Originally published on Solar Love.

A report published by the clean energy group called Resilience for Free has made some key points we might not consider that often when it comes to solar power and energy storage in the form of batteries.

HurricaneSANDYCheltenhamSolar and battery systems generally have been purchased by people or companies that are able to make these investments, but the benefits can also be experienced by those of lesser means, such as residents of affordable housing developments, “Solar-plus-storage systems can power a building’s essential electricity loads during outages as well as enable low-income housing developers to generate significant electric-bill savings by reducing utility demand charges and generating revenue by providing valuable grid services.”
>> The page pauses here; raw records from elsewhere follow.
-- ===== src/Store/Rows.antt =====
-- The tables that `Init` of internal/store/sqlite.go declares, and the tests of SQLite that the
-- queries use. Timestamps are text, written by `formatTime` alone.
use coggo.Prelude.{ℕ, String, Bool, Option, List, []}
use coggo.Types.{EventType, Payload}
use coggo.Types.Json.{Value, Fields}
use coggo.Store.Stamp.{Stamp}

pub record EventRow : Type 0 where
  pub id : String
  pub peer_did : String
  pub type : EventType
  pub payload : Payload
  pub timestamp : Stamp
  pub author_did : String
  pub client_id : String
  pub signature : List ℕ

pub record EntityRow : Type 0 where
  pub id : String
  pub type : String
  pub peer_did : String
  pub created_at : Stamp
  pub created_by_did : String
  pub created_by_client : String
  pub updated_at : Stamp
  pub archived_at : Option Stamp
  pub fields : Fields
  pub embedding_id : Option String

pub record RelationRow : Type 0 where
  pub id : String
  pub from_id : String
  pub to_id : String
  pub type : String
  pub peer_did : String
  pub created_at : Stamp
  pub created_by_did : String
  pub created_by_client : String
  pub fields : Fields

-- A float32 is its bit pattern.
abbrev pub Vector : Type 0
Vector = List ℕ

-- `entity_embeddings`
pub record VectorRow : Type 0 where
  pub entity_id : String
  pub embedding : Vector

-- `embedding_meta`
pub record MetaRow : Type 0 where
  pub entity_id : String
  pub peer_did : String
  pub model : String
  pub created_at : Stamp

-- The database, and the vector dimension that the store was opened with.
pub record Db : Type 0 where
  pub dim : ℕ
  pub events : List EventRow
  pub entities : List EntityRow
  pub relations : List RelationRow
  pub vectors : List VectorRow
  pub metas : List MetaRow

-- After `New` and `Init` on a file that is not there.
abbrev pub fresh : ℕ → Db
fresh dim = record {
  dim = dim;
  events = [];
  entities = [];
  relations = [];
  vectors = [];
  metas = [];
}

-- What the queries take from SQLite and from sqlite-vec.
pub record Sqlite : Type 0 where
  -- `json_extract(data, '$.'||k) = v`
  pub json_equal : Fields → String → Value → Bool
  -- `CAST(data AS TEXT) LIKE '%' || q || '%'`
  pub like : Fields → String → Bool
  -- `embedding MATCH v AND k = n ORDER BY distance`: the ids and the distances' bit patterns
  pub knn : List VectorRow → Vector → ℕ → List (String × ℕ)
  -- `1.0 - distance`
  pub one_minus : ℕ → ℕ
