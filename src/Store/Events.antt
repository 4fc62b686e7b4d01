-- ===== src/Store/Events.antt =====
-- `AppendEvent` and `ListEvents` of internal/store/sqlite.go. `now` and `ulid` are the clock and the
-- identifier that `time.Now` and `newULID` give to the call. A method returns its result beside the
-- database that it leaves.
pub mod Laws
use coggo.Prelude.{
  ◌++◌, String, ◌==◌, Bool, true, false, ◌&&◌, ◌||◌, Option, none, some, List, [], ◌∷◌, any, filter,
  if◌then◌else◌,
}
use coggo.Prelude.Order.{Order, then_by, by_key, texts}
use coggo.Prelude.Order.Sort.{sort}
use coggo.Prelude.Result.{Result, ok, err, message, about, wrap, context, traverse, ◌>>=◌}
use coggo.Types.{Time, is_zero, Event, Payload, empty, of_null, is_untyped}
use coggo.Store.Stamp.{Stamp, stamp, stamps, format_time, parse_time}
use coggo.Store.Rows.{Db, EventRow}

-- `if len(payload) == 0 { payload = []byte("null") }`
abbrev pub stored_payload : Payload → Payload
stored_payload empty = of_null
stored_payload p = p

-- The id and the timestamp are filled in where the caller left them empty.
abbrev pub filled_event : Time → String → Event → Event
filled_event now ulid ev = record ev {
  id = if ev.id == "" then ulid else ev.id;
  timestamp = if is_zero ev.timestamp then now else ev.timestamp;
}

abbrev pub event_row : Event → EventRow
event_row ev = record {
  id = ev.id;
  peer_did = ev.peer_did;
  type = ev.type;
  payload = stored_payload ev.payload;
  timestamp = format_time ev.timestamp;
  author_did = ev.author_did;
  client_id = ev.client_id;
  signature = ev.signature;
}

-- `INSERT INTO events`: the id is the primary key.
unfoldable pub insert_event : Event → Db → Result Event × Db
insert_event ev db =
    if any (λ r. r.id == ev.id) db.events
    then (err (wrap "store: insert event" (about "UNIQUE constraint failed: events.id" ev.id)), db)
    else (ok ev, record db { events = db.events ++ event_row ev ∷ [] })

-- `none` is a nil pointer; the event that comes back is the one that the caller's pointer leads to.
unfoldable pub append_event : Time → String → Option Event → Db → Result Event × Db
append_event now ulid none db = (err (message "store: AppendEvent: nil event"), db)
append_event now ulid (some ev) db =
    if ev.peer_did == ""
    then (err (message "store: AppendEvent: missing peer_did"), db)
    else if is_untyped ev.type
    then (err (message "store: AppendEvent: missing type"), db)
    else insert_event (filled_event now ulid ev) db

-- `WHERE peer_did = ? AND timestamp >= ? AND timestamp <= ?`, a bound only if it is not zero
abbrev pub in_window : String → Time → Time → EventRow → Bool
in_window peer since until r =
    (r.peer_did == peer)
    && ((is_zero since || stamps.le (format_time since) r.timestamp)
        && (is_zero until || stamps.le r.timestamp (format_time until)))

-- `ORDER BY timestamp ASC, id ASC`
abbrev pub event_order : Order EventRow
event_order = then_by (by_key (λ r. r.timestamp) stamps) (by_key (λ r. r.id) texts)

unfoldable pub read_event : EventRow → Result Event
read_event r = do
  t ← context "store: parse event timestamp" (parse_time (stamp r.timestamp))
  ok (record {
    id = r.id;
    peer_did = r.peer_did;
    type = r.type;
    payload = r.payload;
    timestamp = t;
    author_did = r.author_did;
    client_id = r.client_id;
    signature = r.signature;
  })

unfoldable pub list_events : String → Time → Time → Db → Result (List Event)
list_events peer since until db =
    traverse read_event (sort event_order (filter (in_window peer since until) db.events))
The most vulnerable can benefit too. People whose lives depend on electricity are more impacted during blackouts or other electricity disruptions. For example, people who can’t move without electric carts, such as individuals who can’t use their legs or some of the elderly. Imagine being stuck at home with no electricity and a dead battery in your electric cart. You couldn’t go anywhere and there would be no way to re-charge it.

If your health and life depend on taking refrigerated medications on a regular basis, they may spoil during a blackout and become unusable.
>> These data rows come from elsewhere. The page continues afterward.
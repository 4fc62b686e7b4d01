-- ===== src/Store/Entities.antt =====
-- `UpsertEntity`, `ArchiveEntity`, `GetEntity`, `QueryEntities` and `scanEntity` of
-- internal/store/sqlite.go.
pub mod Read
pub mod Laws
pub mod Query
pub mod Isolation
use mathlib.Core.Option
use coggo.Prelude.{
  ℕ, ◌++◌, String, ◌==◌, Bool, true, false, ◌&&◌, ◌||◌, not, Option, none, some, List, [], ◌∷◌, any,
  filter, find, map, take, eqb, is_some, if◌then◌else◌,
}
use coggo.Prelude.Order.{Order, then_by, by_key, descending, texts}
use coggo.Prelude.Order.Sort.{sort}
use coggo.Prelude.Result.{Result, ok, err, message, about, wrap, context, traverse, ◌>>=◌}
use coggo.Types.{Time, is_zero, Entity, EntityQuery}
use coggo.Types.Json.{Value, Fields, end, field}
use coggo.Store.Stamp.{Stamp, stamp, stamps, format_time, parse_time}
use coggo.Store.Rows.{Db, EntityRow, Sqlite}

-- `if data == nil { data = map[string]any{} }`
abbrev pub or_empty : Option Fields → Fields
or_empty none = end
or_empty (some fs) = fs

-- The times that the caller left zero become the current time.
abbrev pub filled_entity : Time → Entity → Entity
filled_entity now e = record e {
  created_at = if is_zero e.created_at then now else e.created_at;
  updated_at = if is_zero e.updated_at then now else e.updated_at;
}

abbrev pub entity_row : Entity → EntityRow
entity_row e = record {
  id = e.id;
  type = e.type;
  peer_did = e.peer_did;
  created_at = format_time e.created_at;
  created_by_did = e.created_by_did;
  created_by_client = e.created_by_client;
  updated_at = format_time e.updated_at;
  archived_at = Option.map format_time e.archived_at;
  fields = or_empty e.fields;
  embedding_id = e.embedding_id;
}

-- `INSERT OR REPLACE INTO entities`: the row with the same id goes.
abbrev pub replace_entity : EntityRow → List EntityRow → List EntityRow
replace_entity r rows = filter (λ s. not (s.id == r.id)) rows ++ r ∷ []

unfoldable pub upsert_entity : Time → Option Entity → Db → Result Entity × Db
upsert_entity now none db = (err (message "store: UpsertEntity: nil entity"), db)
upsert_entity now (some e) db =
    if e.id == ""
    then (err (message "store: UpsertEntity: missing id"), db)
    else if e.peer_did == ""
    then (err (message "store: UpsertEntity: missing peer_did"), db)
    else (
      ok (filled_entity now e),
      record db { entities = replace_entity (entity_row (filled_entity now e)) db.entities },
    )

-- `WHERE peer_did = ? AND id = ?`
abbrev pub is_entity : String → String → EntityRow → Bool
is_entity peer id r = (r.peer_did == peer) && (r.id == id)

abbrev pub archive_row : String → String → Time → EntityRow → EntityRow
archive_row peer id at r =
    if is_entity peer id r
    then record r { archived_at = some (format_time at); updated_at = format_time at }
    else r

unfoldable pub archive_entity : Time → String → String → Time → Db → Result (Unit {0}) × Db
archive_entity now peer id at db =
    if (peer == "") || (id == "")
    then (err (message "store: ArchiveEntity: peer_did and id required"), db)
    else if any (is_entity peer id) db.entities
    then (
      ok tt,
      record db {
        entities = map (archive_row peer id (if is_zero at then now else at)) db.entities;
      },
    )
    else (err (about "store: archive entity: not found for peer" id), db)

abbrev pub read_optional : Option Stamp → Result (Option Time)
read_optional none = ok none
read_optional (some s) = do t ← context "parse archived_at" (parse_time (stamp s)); ok (some t)

unfoldable pub scan_entity : EntityRow → Result Entity
scan_entity r = do
  created ← context "parse created_at" (parse_time (stamp r.created_at))
  updated ← context "parse updated_at" (parse_time (stamp r.updated_at))
  archived ← read_optional r.archived_at
  ok (record {
    id = r.id;
    type = r.type;
    peer_did = r.peer_did;
    created_at = created;
    created_by_did = r.created_by_did;
    created_by_client = r.created_by_client;
    updated_at = updated;
    archived_at = archived;
    fields = some r.fields;
    embedding_id = r.embedding_id;
  })

abbrev pub scanned : Option EntityRow → Result (Option Entity)
scanned none = ok none
scanned (some r) = do e ← context "store: get entity" (scan_entity r); ok (some e)

-- `ok none` is `(nil, nil)`: there is no such row.
unfoldable pub get_entity : String → String → Db → Result (Option Entity)
get_entity peer id db = scanned (find (is_entity peer id) db.entities)

-- `if limit <= 0 { limit = n }`
abbrev pub limit_or : ℕ → ℕ → ℕ
limit_or n limit = if eqb limit 0 then n else limit

-- `ORDER BY created_at DESC, id DESC`
abbrev pub newest_first : Order EntityRow
newest_first =
    then_by (descending (by_key (λ r. r.created_at) stamps)) (descending (by_key (λ r. r.id) texts))

module _ (sqlite : Sqlite) where
  -- one condition for each filter
  unfoldable pub passes : Fields → Fields → Bool
  passes end fs = true
  passes (field k v filters) fs = sqlite.json_equal fs k v && passes filters fs

  -- the conditions of the `WHERE` clause
  abbrev pub selects : String → EntityQuery → EntityRow → Bool
  selects peer q r =
      (r.peer_did == peer)
      && (((q.type == "") || (r.type == q.type))
          && ((q.include_archived || not (is_some r.archived_at)) && passes q.filters r.fields))

  unfoldable pub query_entities : String → EntityQuery → Db → Result (List Entity)
  query_entities peer q db =
      traverse scan_entity
        (take (limit_or 50 q.limit) (sort newest_first (filter (selects peer q) db.entities)))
The report points out that there is a solution today, “Solar photovoltaics (PV) and battery storage systems (“solar+storage”) can help them now. These technologies can provide reliable power for a range of critical facilities and essential building service loads. They can power water booster pumps, lighting, telecommunications, fire alarms and security cameras, elevators, and climate controls. They can mean the difference between safety and harm, protection and tragedy, dangerous evacuation or sheltering in place when outages occur.”

This is to say that PV solar power coupled with battery systems can be more effective than having to use diesel generators, because no liquid fuel is required. Diesel generators also can be loud and produce air pollution. Even more troubling, diesel exhaust has been linked to lung cancer by some research. During an emergency situation like SuperStorm Sandy, of course it would better to generate some electricity using diesel generators if that was the only means available, than to have no electricity. The use would be short-term, so the diesel soot exposure would not be extensive.
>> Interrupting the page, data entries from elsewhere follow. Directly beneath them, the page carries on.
module _ {D P : Type 0} (k : Disk D P) (laws : DiskLaws k) where
  -- The page table and the frames agree, and a clean page is the disk's.
  pub record IsCache (frames : List (BufferFrame P)) (table : Table) (disk : D) : Type 0 where
    pub framed :
        (id : PageId) (i : ℕ)
        → Table.lookup id table ≡ some i
        → (f : BufferFrame P) × (get_elem? frames i ≡ some f) × (f.page_id ≡ some id)
    pub tabled :
        (i : ℕ) (f : BufferFrame P) (id : PageId)
        → get_elem? frames i ≡ some f
        → f.page_id ≡ some id
        → Table.lookup id table ≡ some i
    pub clean :
        (i : ℕ) (f : BufferFrame P) (id : PageId)
        → get_elem? frames i ≡ some f
        → f.page_id ≡ some id
        → f.dirty ≡ false
        → k.read disk id ≡ ok f.page_data
    pub known :
        (i : ℕ) (f : BufferFrame P) (id : PageId)
        → get_elem? frames i ≡ some f
        → f.page_id ≡ some id
        → laws.Has disk id
    pub sound : laws.Sound disk

  abbrev pub data_of : Option (BufferFrame P) → Result P
  data_of none = panic
  data_of (some f) = ok f.page_data

  -- The contents of a page as a client sees them: those of its frame, or else those on disk.
  abbrev pub contents : List (BufferFrame P) → Table → D → PageId → Result P
  contents frames table disk id = elim (Table.lookup id table) [
    | none ↦ k.read disk id
    | some i ↦ data_of (get_elem? frames i)
  ]

  module _ (frames : List (BufferFrame P)) (table : Table) (disk : D)
      (v : IsCache frames table disk) (i : ℕ) (f : BufferFrame P)
      (at : get_elem? frames i ≡ some f) where
    -- Frame `i` after a change, and the other frames.
    here : (f' : BufferFrame P) → get_elem? (set frames i f') i ≡ some f'
    here f' = get_elem?-set_self frames i f' (get_elem?-some_lt frames i f at)

    there :
        (f' : BufferFrame P) (j : ℕ) → i ≢ j → get_elem? (set frames i f') j ≡ get_elem? frames j
    there f' j ne = get_elem?-set_ne frames i j f' ne

    -- What holds of the new frame and of the old ones holds of all.
    each :
        (f' : BufferFrame P) (Q : ℕ → BufferFrame P → Type 0)
        → Q i f'
        → ((j : ℕ) (g : BufferFrame P) → i ≢ j → get_elem? frames j ≡ some g → Q j g)
        → (j : ℕ) (g : BufferFrame P) → get_elem? (set frames i f') j ≡ some g
        → Q j g
    each f' Q now old j g e = elim (Bool-cases (i == j)) [
      | inl same ↦
          let same' : i ≡ j = ==→eq i j same in
          subst (λ n. Q n g) same'
            (subst (Q i)
              (some-injective f' g
                (sym (here f') ∙ subst (λ n. get_elem? (set frames i f') n ≡ some g) (sym same') e))
              now)
      | inr other ↦ old j g (ne_of i j other) (sym (there f' j (ne_of i j other)) ∙ e)
    ]

    -- The page that the table finds in frame `i` is the page of `f`.
    page_of : (j : PageId) (n : ℕ) → Table.lookup j table ≡ some n → i ≡ n → f.page_id ≡ some j
    page_of j n e same =
        let (g, atg, gid) = v.framed j n e in
        let fg : f ≡ g =
          some-injective f g (sym at ∙ subst (λ m. get_elem? frames m ≡ some g) (sym same) atg) in
        ap (λ h. h.page_id) fg ∙ gid

    module _ (id : PageId) (holds : f.page_id ≡ some id) where
      id_of : (j : PageId) (n : ℕ) → Table.lookup j table ≡ some n → i ≡ n → id ≡ j
      id_of j n e same = some-injective id j (sym holds ∙ page_of j n e same)

      -- A page in another frame is another page.
      other_frame :
          (j : PageId) (n : ℕ) → page_eq id j ≡ false → Table.lookup j table ≡ some n → i ≢ n
      other_frame j n ne e same =
          let bad : true ≡ false =
            sym (page_eq_refl id) ∙ (ap (page_eq id) (id_of j n e same) ∙ ne) in
          cc (bad)

      -- The frame keeps its page `id`, with new contents.
      pub keep-IsCache :
          (f' : BufferFrame P)
          → f'.page_id ≡ some id
          → (f'.dirty ≡ false → k.read disk id ≡ ok f'.page_data)
          → IsCache (set frames i f') table disk
      keep-IsCache f' same fresh = record {
        framed = λ j n e. elim (Bool-cases (i == n)) [
          | inl eq ↦
              let eq' : i ≡ n = ==→eq i n eq in
              (
                f',
                subst (λ m. get_elem? (set frames i f') m ≡ some f') eq' (here f'),
                same ∙ ap some (id_of j n e eq'),
              )
          | inr ne ↦ let (g, atg, gid) = v.framed j n e in (g, there f' n (ne_of i n ne) ∙ atg, gid)
        ];
        tabled = λ n g x e p.
            each f' (λ m h. (x : PageId) → h.page_id ≡ some x → Table.lookup x table ≡ some m)
              (λ x p.
                subst (λ y. Table.lookup y table ≡ some i) (some-injective id x (sym same ∙ p))
                  (v.tabled i f id at holds))
              (λ m h ne e x p. v.tabled m h x e p) n g e x p;
        clean = λ n g x e p c.
            each f'
              (λ m h.
                (x : PageId)
                → h.page_id ≡ some x
                → h.dirty ≡ false
                → k.read disk x ≡ ok h.page_data)
              (λ x p c.
                subst (λ y. k.read disk y ≡ ok f'.page_data) (some-injective id x (sym same ∙ p))
                  (fresh c))
              (λ m h ne e x p c. v.clean m h x e p c) n g e x p c;
        known = λ n g x e p.
            each f' (λ m h. (x : PageId) → h.page_id ≡ some x → laws.Has disk x)
              (λ x p.
                subst (laws.Has disk) (some-injective id x (sym same ∙ p))
                  (v.known i f id at holds))
              (λ m h ne e x p. v.known m h x e p) n g e x p;
        sound = v.sound;
      }

      pub keep-contents :
          (f' : BufferFrame P) (j : PageId)
          → contents (set frames i f') table disk j
            ≡ (if page_eq id j then ok f'.page_data else contents frames table disk j)
      keep-contents f' j = elim (Bool-cases (page_eq id j)) [
        | inl eq ↦
            let e : Table.lookup j table ≡ some i =
              subst (λ y. Table.lookup y table ≡ some i) (page_eq→eq id j eq)
                (v.tabled i f id at holds) in
            rw (eq, e, contents, here f')
        | inr ne ↦ elim (Option-cases (Table.lookup j table)) [
          | inl e ↦ rw (ne, e, contents)
          | inr (n, e) ↦ rw (ne, e, contents) (ap data_of (there f' n (other_frame j n ne e)))
        ]
      ]

      -- The frame gives its page up, and the disk `disk'` has what it held.
      module _ (disk' : D) (sound' : laws.Sound disk')
          (kept : (j : PageId)
            → laws.Has disk j
            → laws.Has disk' j
              × (k.read disk' j ≡ (if page_eq id j then ok f.page_data else k.read disk j)))
          (f' : BufferFrame P) (free : f'.page_id ≡ none) where
        abbrev table' : Table
        table' = Table.remove id table

        apart :
            (j : PageId) (n : ℕ)
            → Table.lookup j table' ≡ some n
            → (page_eq id j ≡ false) × (Table.lookup j table ≡ some n)
        apart j n e = elim (Bool-cases (page_eq id j)) [
          | inl eq ↦
              let bad : none ≡ some n = sym (lookup-remove id j table ∙ rw eq) ∙ e in cc (bad)
          | inr ne ↦ (ne, sym (lookup-remove id j table ∙ rw ne) ∙ e)
        ]

        -- A frame other than `i` holds another page than `id`.
        distinct :
            (n : ℕ) (g : BufferFrame P) (x : PageId)
            → i ≢ n
            → get_elem? frames n ≡ some g
            → g.page_id ≡ some x
            → page_eq id x ≡ false
        distinct n g x ne e p = elim (Bool-cases (page_eq id x)) [
          | inl eq ↦ absurd (
              ne (
                some-injective i n (
                  sym (v.tabled i f id at holds)
                  ∙ (ap (λ y. Table.lookup y table) (page_eq→eq id x eq) ∙ v.tabled n g x e p))))
          | inr o ↦ o
        ]

        pub give_up-IsCache : IsCache (set frames i f') table' disk'
        give_up-IsCache = record {
          framed = λ j n e.
              let (ne, e') = apart j n e in
              let (g, atg, gid) = v.framed j n e' in
              (g, there f' n (other_frame j n ne e') ∙ atg, gid);
          tabled = λ n g x e p.
              each f' (λ m h. (x : PageId) → h.page_id ≡ some x → Table.lookup x table' ≡ some m)
                (λ x p. let bad : none ≡ some x = sym free ∙ p in cc (bad))
                (λ m h ne e x p.
                  (lookup-remove id x table ∙ rw (distinct m h x ne e p)) ∙ v.tabled m h x e p)
                n g e x p;
          clean = λ n g x e p c.
              each f'
                (λ m h.
                  (x : PageId)
                  → h.page_id ≡ some x
                  → h.dirty ≡ false
                  → k.read disk' x ≡ ok h.page_data)
                (λ x p c. let bad : none ≡ some x = sym free ∙ p in cc (bad))
                (λ m h ne e x p c.
                  ((kept x (v.known m h x e p)).1 ∙ rw (distinct m h x ne e p))
                  ∙ v.clean m h x e p c)
                n g e x p c;
          known = λ n g x e p.
              each f' (λ m h. (x : PageId) → h.page_id ≡ some x → laws.Has disk' x)
                (λ x p. let bad : none ≡ some x = sym free ∙ p in cc (bad))
                (λ m h ne e x p. (kept x (v.known m h x e p)).0) n g e x p;
          sound = sound';
        }

        -- Nobody sees the difference.
        pub give_up-contents :
            (j : PageId)
            → laws.Has disk j
            → contents (set frames i f') table' disk' j ≡ contents frames table disk j
        give_up-contents j has = elim (Bool-cases (page_eq id j)) [
          | inl eq ↦
              let e : Table.lookup j table ≡ some i =
                subst (λ y. Table.lookup y table ≡ some i) (page_eq→eq id j eq)
                  (v.tabled i f id at holds) in
              let gone : Table.lookup j table' ≡ none = lookup-remove id j table ∙ rw eq in
              rw (gone, e, contents, at) ((kept j has).1 ∙ rw eq)
          | inr ne ↦
              let stays : Table.lookup j table' ≡ Table.lookup j table =
                lookup-remove id j table ∙ rw ne in
              elim (Option-cases (Table.lookup j table)) [
                | inl e ↦ rw (stays, e, contents) ((kept j has).1 ∙ rw ne)
                | inr (n, e) ↦
                    rw (stays, e, contents) (ap data_of (there f' n (other_frame j n ne e)))
              ]
        ]

    -- An empty frame stays empty.
    module _ (empty : f.page_id ≡ none) (f' : BufferFrame P) (free : f'.page_id ≡ none) where
      idle_frame : (j : PageId) (n : ℕ) → Table.lookup j table ≡ some n → i ≢ n
      idle_frame j n e same = let bad : none ≡ some j = sym empty ∙ page_of j n e same in cc (bad)

      pub idle-IsCache : IsCache (set frames i f') table disk
      idle-IsCache = record {
        framed = λ j n e.
            let (g, atg, gid) = v.framed j n e in (g, there f' n (idle_frame j n e) ∙ atg, gid);
        tabled = λ n g x e p.
            each f' (λ m h. (x : PageId) → h.page_id ≡ some x → Table.lookup x table ≡ some m)
              (λ x p. let bad : none ≡ some x = sym free ∙ p in cc (bad))
              (λ m h ne e x p. v.tabled m h x e p) n g e x p;
        clean = λ n g x e p c.
            each f'
              (λ m h.
                (x : PageId)
                → h.page_id ≡ some x
                → h.dirty ≡ false
                → k.read disk x ≡ ok h.page_data)
              (λ x p c. let bad : none ≡ some x = sym free ∙ p in cc (bad))
              (λ m h ne e x p c. v.clean m h x e p c) n g e x p c;
        known = λ n g x e p.
            each f' (λ m h. (x : PageId) → h.page_id ≡ some x → laws.Has disk x)
              (λ x p. let bad : none ≡ some x = sym free ∙ p in cc (bad))
              (λ m h ne e x p. v.known m h x e p) n g e x p;
        sound = v.sound;
      }

      pub idle-contents :
          (j : PageId) → contents (set frames i f') table disk j ≡ contents frames table disk j
      idle-contents j = elim (Option-cases (Table.lookup j table)) [
        | inl e ↦ rw (e, contents)
        | inr (n, e) ↦ rw (e, contents) (ap data_of (there f' n (idle_frame j n e)))
      ]

    -- An empty frame takes a page that is in no frame.
    module _ (empty : f.page_id ≡ none) (id : PageId) (absent : Table.lookup id table ≡ none)
        (f' : BufferFrame P) (takes : f'.page_id ≡ some id)
        (fresh : f'.dirty ≡ false → k.read disk id ≡ ok f'.page_data) (has : laws.Has disk id) where
      free_frame : (j : PageId) (n : ℕ) → Table.lookup j table ≡ some n → i ≢ n
      free_frame j n e same = let bad : none ≡ some j = sym empty ∙ page_of j n e same in cc (bad)

      new_page_apart :
          (n : ℕ) (g : BufferFrame P) (x : PageId)
          → get_elem? frames n ≡ some g
          → g.page_id ≡ some x
          → page_eq id x ≡ false
      new_page_apart n g x e p = elim (Bool-cases (page_eq id x)) [
        | inl eq ↦
            let bad : none ≡ some n =
              sym absent
              ∙ (ap (λ y. Table.lookup y table) (page_eq→eq id x eq) ∙ v.tabled n g x e p) in
            cc (bad)
        | inr o ↦ o
      ]

      pub take-IsCache : IsCache (set frames i f') (Table.insert id i table) disk
      take-IsCache = record {
        framed = λ j n e. elim (Bool-cases (page_eq id j)) [
          | inl eq ↦
              let at_i : i ≡ n =
                some-injective i n (sym (lookup-insert id j i table ∙ rw eq) ∙ e) in
              (
                f',
                subst (λ m. get_elem? (set frames i f') m ≡ some f') at_i (here f'),
                takes ∙ ap some (page_eq→eq id j eq),
              )
          | inr ne ↦
              let e' : Table.lookup j table ≡ some n =
                sym (lookup-insert id j i table ∙ rw ne) ∙ e in
              let (g, atg, gid) = v.framed j n e' in (g, there f' n (free_frame j n e') ∙ atg, gid)
        ];
        tabled = λ n g x e p.
            each f'
              (λ m h.
                (x : PageId)
                → h.page_id ≡ some x
                → Table.lookup x (Table.insert id i table) ≡ some m)
              (λ x p.
                lookup-insert id x i table
                ∙ rw (← some-injective id x (sym takes ∙ p), page_eq_refl id))
              (λ m h ne e x p.
                (lookup-insert id x i table ∙ rw (new_page_apart m h x e p)) ∙ v.tabled m h x e p)
              n g e x p;
        clean = λ n g x e p c.
            each f'
              (λ m h.
                (x : PageId)
                → h.page_id ≡ some x
                → h.dirty ≡ false
                → k.read disk x ≡ ok h.page_data)
              (λ x p c.
                subst (λ y. k.read disk y ≡ ok f'.page_data) (some-injective id x (sym takes ∙ p))
                  (fresh c))
              (λ m h ne e x p c. v.clean m h x e p c) n g e x p c;
        known = λ n g x e p.
            each f' (λ m h. (x : PageId) → h.page_id ≡ some x → laws.Has disk x)
              (λ x p. subst (laws.Has disk) (some-injective id x (sym takes ∙ p)) has)
              (λ m h ne e x p. v.known m h x e p) n g e x p;
        sound = v.sound;
      }

      pub take-contents :
          (j : PageId)
          → contents (set frames i f') (Table.insert id i table) disk j
            ≡ (if page_eq id j then ok f'.page_data else contents frames table disk j)
      take-contents j = elim (Bool-cases (page_eq id j)) [
        | inl eq ↦
            let found : Table.lookup j (Table.insert id i table) ≡ some i =
              lookup-insert id j i table ∙ rw eq in
            rw (found, eq, contents, here f')
        | inr ne ↦
            let stays : Table.lookup j (Table.insert id i table) ≡ Table.lookup j table =
              lookup-insert id j i table ∙ rw ne in
            elim (Option-cases (Table.lookup j table)) [
              | inl e ↦ rw (stays, ne, e, contents)
              | inr (n, e) ↦
                  rw (stays, ne, e, contents) (ap data_of (there f' n (free_frame j n e)))
            ]
      ]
At the same time, PV and battery systems are clean, renewable sources of electricity, so they don’t create any harmful air pollution.

Solar PV and battery storage systems might be generally thought of as mostly better for the environment, but they can have other benefits.

Image Credit: Peetles1, Wiki Commons

Reprinted with permission.


Have a tip for CleanTechnica? Want to advertise? Want to suggest a guest for our CleanTech Talk podcast? Contact us here.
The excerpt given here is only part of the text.